YOUR TASK — Give back exactly the stretch of data below from the line holding "pub loss_pct : Float" through the line holding "pub seq : ℕ", both ends included, and leave the remaining lines out.

Recorded data —
-------------------------

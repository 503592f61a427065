-- ===== src/Db/Types.antt =====
-- The rows of the tables, after SCHEMA of backend/app/db.py.
use ecu_telemetry.Prelude.{ℕ, Bool, Option, List}
use ecu_telemetry.Python.Floats.{Floats}
use ecu_telemetry.Python.Text.{Text}
use ecu_telemetry.Bus.{Time}

-- The status column of alerts.
pub data AlertStatus : Type 0 where
  opened acked resolved : AlertStatus

pub record LogRow : Type 0 where
  pub id : ℕ
  pub device_id : Text
  pub ts : Time
  pub device_ts_ms : Option ℕ
  pub level : ℕ
  pub message : Text

pub record Firmware : Type 0 where
  pub version : Text
  pub notes : Text
  pub size_bytes : ℕ
  pub crc : ℕ
  pub created_at : Time

-- The history column holds one entry for each status that the job has had.
pub record FwJob : Type 0 where
  pub id : ℕ
  pub device_id : Text
  pub target_version : Text
  pub from_version : Option Text
  pub status : Text
  pub created_at : Time
  pub updated_at : Time
  pub history : List (Text × Time)

pub record FaultInjection : Type 0 where
  pub id : ℕ
  pub device_id : Text
  pub set_flags : ℕ
  pub clear_flags : ℕ
  pub duration_ms : ℕ
  pub created_at : Time
  pub ack_flags : Option ℕ
  pub acked_at : Option Time

module _ ⦃fl : Floats⦄ where
  open fl use {Float}

  pub record Device : Type 0 where
    pub device_id : Text
    pub hw_model : Option Text
    pub fw_version : Option Text
    pub fw_version_u32 : Option ℕ
    pub state : ℕ
    pub online : Bool
    pub first_seen : Time
    pub last_seen : Option Time
    pub last_hello : Option Time
    pub last_heartbeat : Option Time
    pub telemetry_hz : Option ℕ
    pub uptime_s : Option ℕ
    pub device_reconnects : ℕ
    pub reported_config_version : ℕ
    pub lat : Option Float
    pub lon : Option Float

  pub record StatsRow : Type 0 where
    pub device_id : Text
    pub frames_rx : ℕ
    pub bad_crc : ℕ
    pub seq_gaps : ℕ
    pub loss_pct : Float
    pub reconnects : ℕ
    pub tcp_connected : Bool
    pub last_seen : Option Time
    pub last_seq : Option ℕ
    pub updated_at : Time

  pub record Alert : Type 0 where
    pub id : ℕ
    pub device_id : Text
    pub rule : Text
    pub metric : Option Text
    pub value : Option Float
    pub severity : Text
    pub status : AlertStatus
    pub message : Text
    pub opened_at : Time
    pub acked_at : Option Time
    pub resolved_at : Option Time
    pub updated_at : Time

  pub record DeviceConfig : Type 0 where
    pub device_id : Text
    pub version : ℕ
    pub telemetry_hz : ℕ
    pub log_level : ℕ
    pub rpm_limit : Float
    pub temp_limit_c : Float
    pub current_limit_a : Float
    pub created_at : Time
    pub ack_status : Text
    pub acked_at : Option Time

  pub record Sample : Type 0 where
    pub device_id : Text
    pub ts : Time
    pub seq : ℕ
    pub rpm : Float
    pub temp_c : Float
    pub current_a : Float
    pub voltage_v : Float
    pub vibration_g : Float
    pub speed_kph : Float
    pub lat : Float
    pub lon : Float
    pub fault_flags : ℕ
    pub state : ℕ

  -- A column's average, least and greatest value in a bucket.
  pub record Agg : Type 0 where
    pub avg : Float
    pub least : Float
    pub greatest : Float

  -- The metric columns of a bucket, after METRICS.
  pub record Bucket : Type 0 where
    pub device_id : Text
    pub ts : Time
    pub n : ℕ
    pub rpm : Agg
    pub temp_c : Agg
    pub current_a : Agg
    pub voltage_v : Agg
    pub vibration_g : Agg
    pub speed_kph : Agg
    pub lat : Float
    pub lon : Float
    pub fault_flags : ℕ
    pub state : ℕ

  -- A probable cause, and a diagnosis as heuristic_diagnosis returns it.
  pub record Cause : Type 0 where
    pub cause : Text
    pub evidence : Text
    pub likelihood : Float

  pub record Diagnosis : Type 0 where
    pub summary : Text
    pub probable_causes : List Cause
    pub recommended_actions : List Text
    pub confidence : Float
    pub generated_at : Option Text

  pub record DiagnosisRow : Type 0 where
    pub id : ℕ
    pub device_id : Text
    pub created_at : Time
    pub model : Text
    pub result : Diagnosis

  -- The next_ fields are AUTOINCREMENT's counters; tel_buf is _tel_buf.
  pub record Database : Type 0 where
    pub devices : List Device
    pub tel_buf : List Sample
    pub telemetry : List Sample
    pub rollups : List Bucket
    pub rollup_upto : Option Time
    pub logs : List LogRow
    pub next_log : ℕ
    pub alerts : List Alert
    pub next_alert : ℕ
    pub configs : List DeviceConfig
    pub firmware : List Firmware
    pub fw_jobs : List FwJob
    pub next_job : ℕ
    pub faults : List FaultInjection
    pub next_fault : ℕ
    pub stats : List StatsRow
    pub diagnoses : List DiagnosisRow
    pub next_diagnosis : ℕ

-------------------------

TASK ANSWER —
    pub loss_pct : Float
    pub reconnects : ℕ
    pub tcp_connected : Bool
    pub last_seen : Option Time
    pub last_seq : Option ℕ
    pub updated_at : Time

  pub record Alert : Type 0 where
    pub id : ℕ
    pub device_id : Text
    pub rule : Text
    pub metric : Option Text
    pub value : Option Float
    pub severity : Text
    pub status : AlertStatus
    pub message : Text
    pub opened_at : Time
    pub acked_at : Option Time
    pub resolved_at : Option Time
    pub updated_at : Time

  pub record DeviceConfig : Type 0 where
    pub device_id : Text
    pub version : ℕ
    pub telemetry_hz : ℕ
    pub log_level : ℕ
    pub rpm_limit : Float
    pub temp_limit_c : Float
    pub current_limit_a : Float
    pub created_at : Time
    pub ack_status : Text
    pub acked_at : Option Time

  pub record Sample : Type 0 where
    pub device_id : Text
    pub ts : Time
    pub seq : ℕ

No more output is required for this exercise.